As they paddled Harry sang full-voiced: “Le fils du roi s’en va chassant, / En roulant ma boule. / Avec son grand fusil d’argent, rouli, — roulant, ma boule roulant…”

“What’s with the love songs?” Gus said.

“They’re chansons. Voyageur songs.”

“Why holler about it?”

“You want to surprise some bull along this tight stretch of river? With nowhere to turn? They’re hornier than you are right now. We come on one unannounced and you’ll have an antler up your ass faster than you could squeal about it.” Harry smiled and started singing again. They paddled on.

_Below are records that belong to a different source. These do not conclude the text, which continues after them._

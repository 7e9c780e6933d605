-- ===== src/Admin/Keeps.antt =====
-- What holds before a message to the bot and after it, whichever way the handler of
-- src/adminController.cpp takes.
pub mod Messages
use mqtt_sentry.Base.{
  ℕ, ◌≡◌, false, List, nat_eq, string_eq, ok, throw, undefined, Outcome, insert, erase,
}
use mqtt_sentry.Settings.{ConfigManager}
use mqtt_sentry.Admin.{too_small}
use mqtt_sentry.Admin.Effects.{Output, AdminController, PendingAction, Act, ◌>>=◌, proceed, handled}

-- A change of the configuration that leaves the timeout as it is or makes it large enough.
pub record IsAllowed (cm cm' : ConfigManager) : Type 0 where
  pub timeout : too_small cm.logic.timeout ≡ false → too_small cm'.logic.timeout ≡ false

same_timeout : {cm cm' : ConfigManager} → cm'.logic.timeout ≡ cm.logic.timeout → IsAllowed cm cm'
same_timeout e = record { timeout = λ h. rw e h }

-- A property of the controller that survives its single changes.
pub record IsStable (from : ℕ) (P : AdminController → Type 0) : Type 1 where
  pub sending : (s : AdminController) (sent : List Output) → P s → P (record s { sent = sent })
  pub putting :
      (s : AdminController) (a : PendingAction)
      → P s
      → P (record s { awaiting_input = insert from a s.awaiting_input })
  pub ending :
      (s : AdminController) → P s → P (record s { awaiting_input = erase from s.awaiting_input })
  pub changing :
      (s : AdminController) (cm : ConfigManager)
      → IsAllowed s.cm cm
      → P s
      → P (record s { cm = cm })

module _ (P : AdminController → Type 0) where
  abbrev pub Keeps : {A : Type 0} → Act A → Type 0
  Keeps act = (s : AdminController) → P s → P (act s).0

  pub proceed-Keeps :
      {A B : Type 0} (next : A → Act B) (r : AdminController × Outcome A)
      → ((a : A) → Keeps (next a))
      → P r.0
      → P (proceed r next).0
  proceed-Keeps next (s, ok a) n p = n a s p
  proceed-Keeps next (s, throw e) n p = p
  proceed-Keeps next (s, undefined) n p = p

  pub bind-Keeps :
      {A B : Type 0} (first : Act A) (next : A → Act B)
      → Keeps first
      → ((a : A) → Keeps (next a))
      → Keeps (first >>= next)
  bind-Keeps first next f n s p = proceed-Keeps next (first s) n (f s p)

  pub handled-Keeps :
      {A : Type 0} (handler : Act A) (r : AdminController × Outcome A)
      → Keeps handler
      → P r.0
      → P (handled handler r).0
  handled-Keeps handler (s, ok a) h p = p
  handled-Keeps handler (s, throw e) h p = h s p
  handled-Keeps handler (s, undefined) h p = p
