-- ===== src/Admin/Commands/Sending.antt =====
-- The commands of src/adminController.cpp only send messages.
use mqtt_sentry.Base.{
  ℕ, String, not, List, [], ◌∷◌, ◌++◌, Bool, true, false, if_rule, if◌then◌else◌, ◌<>◌, to_string,
}
use mqtt_sentry.Tg.{Api}
use mqtt_sentry.Types.Messages.{MachineState, MachineTimeLightEco}
use mqtt_sentry.Settings.{ConfigManager, user_exist}
use mqtt_sentry.Utils.{split}
use mqtt_sentry.Admin.{is_admin, show_admin_pannel}
use mqtt_sentry.Admin.Effects.{
  AdminController, Output, Act, ◌>>=◌, done, message, call_api, send_message,
}
use mqtt_sentry.Admin.Keeps.{Keeps, bind-Keeps, handled-Keeps}
use mqtt_sentry.Admin.Commands.{
  log_exception, tell_admins, on_start, on_admin_command, state_reply, on_stateof,
}

module _ ⦃api : Api⦄ (P : AdminController → Type 0)
    (sending : (s : AdminController) (sent : List Output)
      → P s
      → P (record s { sent = sent })) where
  pub call-Keeps : (accepted : Bool) (output : Output) → Keeps P (call_api accepted output)
  call-Keeps true output s p = sending s (s.sent ++ output ∷ []) p
  call-Keeps false output s p = p

  send-Keeps : (chat : ℕ) (text : String) → Keeps P (send_message chat text)
  send-Keeps chat text = call-Keeps (api.accepts chat text) (message chat text [])

  log-Keeps : (body : Act Unit) → Keeps P body → Keeps P (log_exception body)
  unfolding log_exception
  log-Keeps body b s p = handled-Keeps P (done tt) (body s) (λ s p. p) (b s p)

  admins-Keeps : (admins : List ℕ) (text : String) → Keeps P (tell_admins admins text)
  unfolding tell_admins
  admins-Keeps [] text = λ s p. p
  admins-Keeps (admin ∷ rest) text =
      bind-Keeps P (send_message admin text) (λ _. tell_admins rest text) (send-Keeps admin text)
        (λ _. admins-Keeps rest text)

  pub on_start-Keeps : (id : ℕ) → Keeps P (on_start id)
  unfolding on_start
  on_start-Keeps id s p =
      let text = "New User Candidate: <code><b>" <> to_string id <> "</b></code>\n" in
      let greet : Act Unit = send_message id "k" >>= (λ _. tell_admins s.cm.tg.admins text) in
      let refuse : Act Unit = send_message id "Не кнопкодав" in
      log-Keeps (if not (user_exist id s.cm) then greet else refuse)
        (if_rule (Keeps P) (not (user_exist id s.cm)) {x = greet} {y = refuse}
          (bind-Keeps P (send_message id "k") (λ _. tell_admins s.cm.tg.admins text)
            (send-Keeps id "k") (λ _. admins-Keeps s.cm.tg.admins text))
          (send-Keeps id "Не кнопкодав"))
        s p

  pub on_admin_command-Keeps : (id : ℕ) → Keeps P (on_admin_command id)
  unfolding on_admin_command show_admin_pannel
  on_admin_command-Keeps id s p =
      let refuse : Act Unit = send_message id "Недостатньо прав" in
      log-Keeps (if is_admin id s.cm then show_admin_pannel id else refuse)
        (if_rule (Keeps P) (is_admin id s.cm) {x = show_admin_pannel id} {y = refuse}
          (call-Keeps _ _) (send-Keeps id "Недостатньо прав"))
        s p

  module _ (get_machine_state : String → MachineState)
      (get_machine_light : String → MachineTimeLightEco) where
    reply-Keeps :
        (uid : ℕ) (cm : ConfigManager) (words : List String)
        → Keeps P (state_reply get_machine_state get_machine_light uid cm words)
    unfolding state_reply
    reply-Keeps uid cm [] = call-Keeps _ _
    reply-Keeps uid cm (_ ∷ []) = call-Keeps _ _
    reply-Keeps uid cm (_ ∷ mid ∷ []) = call-Keeps _ _
    reply-Keeps uid cm (_ ∷ mid ∷ _ ∷ _) = call-Keeps _ _

    pub on_stateof-Keeps :
        (uid : ℕ) (text : String)
        → Keeps P (on_stateof get_machine_state get_machine_light uid text)
    unfolding on_stateof
    on_stateof-Keeps uid text s p =
        let refuse : Act Unit = send_message uid "Користувач незареєстрований, спробуй /start" in
        let reply = state_reply get_machine_state get_machine_light uid s.cm (split " " text) in
        log-Keeps (if not (user_exist uid s.cm) then refuse else reply)
          (if_rule (Keeps P) (not (user_exist uid s.cm)) {x = refuse} {y = reply} (send-Keeps uid _)
            (reply-Keeps uid s.cm (split " " text)))
          s p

An hour later, the river and muskeg funneled into a narrow watercourse no more than two feet deep and six feet wide. Their paddles struck the rocky riverbed, sending sharp reverberations into their hands. After a few minutes, Harry stepped from his canoe and unpacked a length of rope. Gus did as Harry did. They knotted their lines to the bows, shouldered and tied off the line, and started dragging their boats single-file up what was left of the river. When the trees closed above them, they had to bend and then crawl through the canopy of boughs and branches.

“I hope this means we’re near Burnt Wood Lake,” Harry said. “We ought to be.”

The river was frigid and already Gus’s hands were numb. “Were you expecting this?”

“I wasn’t expecting anything. I will not.” Harry looked over his shoulder, down the starboard side of his canoe, and fixed Gus with his stare. He remembered that stare, Gus did. All these years later, he recognized it as a warning. For Harry knew, sure as Gus did himself, that asking if he’d been anticipating a tangle of trees and shallow water was his son’s first complaint. And them only three days into a trip that would last months.

Gus had not questioned their planning much, but he had wondered — on the night before they departed — why they didn’t just drive up to the public access on Burnt Wood Lake and put in there. It would have taken less than an hour from their front door, saved them a lot of unnecessary effort, and spared them this cloying mess of trees.